» Listed entries
★ ★ ★ ★
-- ===== src/Host/Quota.antt =====
-- host/src/lib.rs: `KvQuota`, the accounting of what each filter makes the host store. The sums of the
-- code are on `isize`; under the caps they do not reach 2^63, so they are sums of integers here.
use plecto.Prelude.{
  ℕ, ◌-◌, Bool, true, false, ◌&&◌, ◌||◌, Text, text_eq, if◌then◌else◌, ltb, u64_max,
}
use plecto.Prelude.Int.{ℤ, pos, negsuc, pos_part, ◌+ℤ◌, ltb_ℤ, sub_ℕ}
use plecto.Host.{
  NsUsage, QuotaInner, max_ns_entries, max_ns_bytes, max_total_entries, max_total_bytes,
}

-- `n as usize`.
abbrev as_usize : ℤ → ℕ
as_usize (pos n) = n
as_usize (negsuc n) = u64_max - n

abbrev pub new_quota : QuotaInner
new_quota = record {
  ns = λ k. record { entries = 0; bytes_ = 0 };
  total_entries = 0;
  total_bytes = 0;
}

-- Whether growth by `delta` takes the namespace or the host over a cap.
abbrev pub over_quota : ℤ → ℤ → ℕ → ℤ → ℕ → Bool
over_quota delta new_ns ns_cap new_total total_cap =
    ltb_ℤ (pos 0) delta && (ltb ns_cap (as_usize new_ns) || ltb total_cap (as_usize new_total))

-- `max(0) as usize`.
abbrev pub charged : QuotaInner → Text → ℤ → ℤ → QuotaInner
charged g ns entries_delta bytes_delta =
    let cur = g.ns ns in
    let usage : NsUsage = record {
      entries = pos_part (pos cur.entries +ℤ entries_delta);
      bytes_ = pos_part (pos cur.bytes_ +ℤ bytes_delta);
    } in
    record {
      ns = λ k. if text_eq ns k then usage else g.ns k;
      total_entries = pos_part (pos g.total_entries +ℤ entries_delta);
      total_bytes = pos_part (pos g.total_bytes +ℤ bytes_delta);
    }

abbrev pub refuses : QuotaInner → Text → ℤ → ℤ → Bool
refuses g ns entries_delta bytes_delta =
    let cur = g.ns ns in
    over_quota entries_delta (pos cur.entries +ℤ entries_delta) max_ns_entries
      (pos g.total_entries +ℤ entries_delta) max_total_entries
    || over_quota bytes_delta (pos cur.bytes_ +ℤ bytes_delta) max_ns_bytes
        (pos g.total_bytes +ℤ bytes_delta) max_total_bytes

unfoldable pub admit : QuotaInner → Text → ℤ → ℤ → Bool × QuotaInner
admit g ns entries_delta bytes_delta =
    if refuses g ns entries_delta bytes_delta
    then (false, g)
    else (true, charged g ns entries_delta bytes_delta)

unfoldable pub release : QuotaInner → Text → ℕ → ℕ → QuotaInner
release g ns entries bytes_ = (admit g ns (sub_ℕ 0 entries) (sub_ℕ 0 bytes_)).1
★ ★ ★ ★
» Instructions to follow
Using the listing above, copy exactly the line that contains "abbrev pub new_quota : QuotaInner", the line that contains "entries = pos_part (pos cur.entries", and each line that falls between them.

» The answer
abbrev pub new_quota : QuotaInner
new_quota = record {
  ns = λ k. record { entries = 0; bytes_ = 0 };
  total_entries = 0;
  total_bytes = 0;
}

-- Whether growth by `delta` takes the namespace or the host over a cap.
abbrev pub over_quota : ℤ → ℤ → ℕ → ℤ → ℕ → Bool
over_quota delta new_ns ns_cap new_total total_cap =
    ltb_ℤ (pos 0) delta && (ltb ns_cap (as_usize new_ns) || ltb total_cap (as_usize new_total))

-- `max(0) as usize`.
abbrev pub charged : QuotaInner → Text → ℤ → ℤ → QuotaInner
charged g ns entries_delta bytes_delta =
    let cur = g.ns ns in
    let usage : NsUsage = record {
      entries = pos_part (pos cur.entries +ℤ entries_delta);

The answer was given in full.